Saturday, April 05, 2003


Borland Gets Theirs

I used to like Borland stuff. I spent a long time building apps with Delphi and a good deal of time with JBuilder as well. The technology was always pretty good -- not always perfect, but pretty good. Nothing has ever touched Delphi for sheer speed and usability in a development environment. JBuilder was pretty damn good, too.

The thing that always bothered me about Borland was their increasingly nasty and aggressive upgrade cycle. Once upon a time you could buy a Borland product for $300. Every two years they'd release something new and it was generally worth the $150 or so you'd have to pay to get it. They also released regular patches and upgrades for their products.

The last year or two you've had to pay way more than that. It's effectively shut the hobbyists out of the market, and I think that's sad. Borland used to generate a lot of business there.

Now they're just interested in selling you on their very short upgrade cycle. You get almost no benefit from having owned their products before. It's "pay up" time. And patches are practically a thing of the past. Significant problems with their products usually are just left hanging, and as a user you're expected to buy the latest release to get fixes you should have had in the first place.

That's why I'm so pleased with Eclipse, and so happy that I have a choice. Let's see how their upgrade cycles and expenses do in the face of serious, free competition. You're not going to find a lot of developers cheering Borland on -- they've been screwed by the pricing and upgrade policies too many times.

Borland will have to rethink its pricing model. They can tackle this from a product lock-in standpoint, keeping developers who use the other, licensable technologies that ship with JBuilder, but that's going to be a stretch. Most of what's shipped with JBuilder comes in other forms, from other organizations, and is often free. So what is JBuilder really about?

IntelliJ is better for refactoring. Eclipse is better for speed, and has massive support (plus is better for refactoring too). Enterprise-level development can benefit from JBuilder, but there are some pretty good libraries out there that will make a serious dent.

I need to make a call to my Together/J representative to find out how my maintenance terms are going to change. Will this be the end of TJ as my modelling tool of choice?
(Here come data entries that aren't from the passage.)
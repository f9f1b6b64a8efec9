-- ===== src/Pmap/Segment/Walk.antt =====
-- boot_pgdir_walk keeps the tables of the directory apart.
use jos_vmx.Base.{
  ℕ, suc, ◌+◌, ◌-◌, ◌*◌, ◌/◌, ◌%◌, ◌≤◌, ◌<◌, ◌≡◌, ◌≢◌, inl, inr, refl, ap, some, arith, ◌==◌,
  Bool-cases,
}
use jos_vmx.Mmu.{word, kernbase, pdx, ptx, pte_addr}
use jos_vmx.Mmu.Address.{pte_addr-eq}
use jos_vmx.Pmap.{Pmap}
use jos_vmx.Pmap.Boot.{paddr}
use jos_vmx.Pmap.Table.{write}
use jos_vmx.Pmap.Table.Walk.{IsMachine, bit_and-pte_p}
use jos_vmx.Pmap.Segment.{boot_install, boot_pgdir_walk}
use jos_vmx.Pmap.Segment.Entries.{entry, IsEntry, entry-IsEntry, boot_alloc_page, boot_entry_of-eq}

module _ (end pgdir self : ℕ) where
  -- The present entries of the directory, but for the entry `self`, name distinct frames below the
  -- next free one, `n`, and none names the directory.
  pub record IsMapping (n : ℕ) (m : Pmap) : Type 0 where
    pub machine : IsMachine m
    pub next : m.nextfree ≡ kernbase + n * 4096
    pub directory : pgdir < n
    pub within : n < m.npages
    pub below : (d : ℕ) → d ≢ self → m.phys pgdir d % 2 ≡ 1 → m.phys pgdir d / 4096 < n
    pub small : (d : ℕ) → d ≢ self → m.phys pgdir d % 2 ≡ 1 → m.phys pgdir d < word
    pub other : (d : ℕ) → d ≢ self → m.phys pgdir d % 2 ≡ 1 → m.phys pgdir d / 4096 ≢ pgdir
    pub apart :
        (d e : ℕ)
        → d ≢ self
        → e ≢ self
        → d ≢ e
        → m.phys pgdir d % 2 ≡ 1
        → m.phys pgdir e % 2 ≡ 1
        → m.phys pgdir d / 4096 ≢ m.phys pgdir e / 4096

  -- There are frames for the tables from the directory's entry `d` on.
  abbrev pub HasRoom : ℕ → ℕ → Pmap → Type 0
  HasRoom d n m =
      (d < 1024)
      × (m.phys pgdir d % 2 ≡ 1 → n + 1024 ≤ m.npages + d)
      × (m.phys pgdir d % 2 ≡ 0 → n + 1025 ≤ m.npages + d)

  -- What the walk to the directory's entry `d` changes.
  pub record Walked (d n : ℕ) (m m' : Pmap) : Type 0 where
    pub n' : ℕ
    pub mapping : IsMapping n' m'
    pub room : n' + 1024 ≤ m'.npages + d
    pub present : m'.phys pgdir d % 2 ≡ 1
    pub entries : (e : ℕ) → m.phys pgdir e % 2 ≡ 1 → m'.phys pgdir e ≡ m.phys pgdir e
    pub frames : (f i : ℕ) → f ≢ pgdir → m'.phys f i ≡ m.phys f i
    pub untouched : (e : ℕ) → d ≢ e → m'.phys pgdir e ≡ m.phys pgdir e
    pub pages : m'.npages ≡ m.npages

  module _ (la create n : ℕ) (m : Pmap) (inv : IsMapping n m) (not_self : pdx la ≢ self) where
    present-Walked : HasRoom (pdx la) n m → m.phys pgdir (pdx la) % 2 ≡ 1 → Walked (pdx la) n m m
    present-Walked room h = record {
      n' = n;
      mapping = inv;
      room = room.1 h;
      present = h;
      entries = λ e p. refl;
      frames = λ f i p. refl;
      untouched = λ e ne. refl;
      pages = refl;
    }

    -- The state with a new table for `la`.
    abbrev pub installed : Pmap
    installed =
        write pgdir (pdx la) (entry (n * 4096) create)
          (record m { nextfree = kernbase + suc n * 4096 })

    installed-IsMapping :
        IsEntry n (entry (n * 4096) create) → suc n < m.npages → IsMapping (suc n) installed
    installed-IsMapping new fits = record {
      machine = inv.machine;
      next = refl;
      directory = omega (arith, inv.directory);
      within = fits;
      below = λ d s p. ground (arith, inv.below d s, new.names);
      small = λ d s p. ground (arith, inv.small d s, new.fits);
      other = λ d s p. ground (arith, inv.other d s, new.names, inv.directory);
      apart = λ d e s t ne p q.
          ground (arith, inv.apart d e s t ne, inv.below d s, inv.below e t, new.names);
    }

    installed-Walked :
        IsEntry n (entry (n * 4096) create)
        → HasRoom (pdx la) n m
        → m.phys pgdir (pdx la) % 2 ≡ 0
        → Walked (pdx la) n m installed
    installed-Walked new room h = record {
      n' = suc n;
      mapping = installed-IsMapping new (omega (arith, room.2 h, room.0));
      room = omega (arith, room.2 h);
      present = ground (arith, new.present);
      entries = λ e p.
          let ne : pdx la ≢ e = λ same. omega (arith, ap (λ d. m.phys pgdir d) same) in
          ground arith;
      frames = λ f i p. ground arith;
      untouched = λ e ne. ground arith;
      pages = refl;
    }

    install_lem :
        create < 4096
        → n < 65535
        → IsEntry n (entry (n * 4096) create)
        → suc n < m.npages
        → boot_install end pgdir la create
            (kernbase + n * 4096)
            (record m { nextfree = kernbase + suc n * 4096 })
          ≡ some (some (n, ptx la), installed)
    unfolding boot_install paddr
    install_lem small word_fits new fits =
        let aligned : pte_addr (n * 4096) ≡ n * 4096 = omega (arith, pte_addr-eq (n * 4096)) in
        let at : installed.phys pgdir (pdx la) ≡ entry (n * 4096) create = ground arith in
        let entry_at : IsEntry n (installed.phys pgdir (pdx la)) = rw at new in
        let offset : kernbase + n * 4096 - kernbase ≡ n * 4096 = omega arith in
        ground (
          arith,
          aligned,
          offset,
          boot_entry_of-eq end pgdir la n installed inv.machine entry_at (omega arith),
        )

    -- The walk finds or makes the table for `la` and returns the entry of `la` in it.
    pub boot_pgdir_walk-Walked :
        create < 4096
        → create ≢ 0
        → HasRoom (pdx la) n m
        → (m' : Pmap) × (boot_pgdir_walk end pgdir la create m
            ≡ some (some (m'.phys pgdir (pdx la) / 4096, ptx la), m'))
          × Walked (pdx la) n m m'
    unfolding boot_pgdir_walk
    boot_pgdir_walk-Walked small creates room = elim (Bool-cases (m.phys pgdir (pdx la) % 2 == 0)) [
      | inl absent ↦
          let even : m.phys pgdir (pdx la) % 2 ≡ 0 = ground arith in
          let new = entry-IsEntry n create (omega (arith, inv.within, inv.machine)) small in
          let fits : suc n < m.npages = omega (arith, room.2 even, room.0) in
          (
            installed,
            ground (
              arith,
              bit_and-pte_p (m.phys pgdir (pdx la)),
              boot_alloc_page end n m inv.next (omega (arith, inv.machine)),
              install_lem small (omega (arith, inv.machine)) new fits,
              new.names,
            ),
            installed-Walked new room even,
          )
      | inr there ↦
          let odd : m.phys pgdir (pdx la) % 2 ≡ 1 = ground arith in
          (
            m,
            ground (
              arith,
              bit_and-pte_p (m.phys pgdir (pdx la)),
              boot_entry_of-eq end pgdir la (m.phys pgdir (pdx la) / 4096) m inv.machine
                  (record { present = odd; names = refl; fits = inv.small (pdx la) not_self odd })
                  (omega (arith, inv.below (pdx la) not_self odd, inv.within)),
            ),
            present-Walked room odd,
          )
    ]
I hope not -- I hope they are not going to charge me a 75% "maintenance" fee on a $6000 product. I have been paying around 18% (I think) which I consider quite reasonable. All development on TJ seems to have stopped -- I haven't seen anything new from them in a really long time.

It all adds up to a restructing and implosion, in my opinion. Still, for the sake of the brilliance of TJ, I hope they can do something with at least that product. I won't be coming back to JBuilder, even if they couple TJ to it. I won't use JBuilder just to get at the capabilities in TJ. I have my good ole TJ license still working for me, and I'll continue to use that one for my basic modelling, even if it doesn't work with later versions of Java.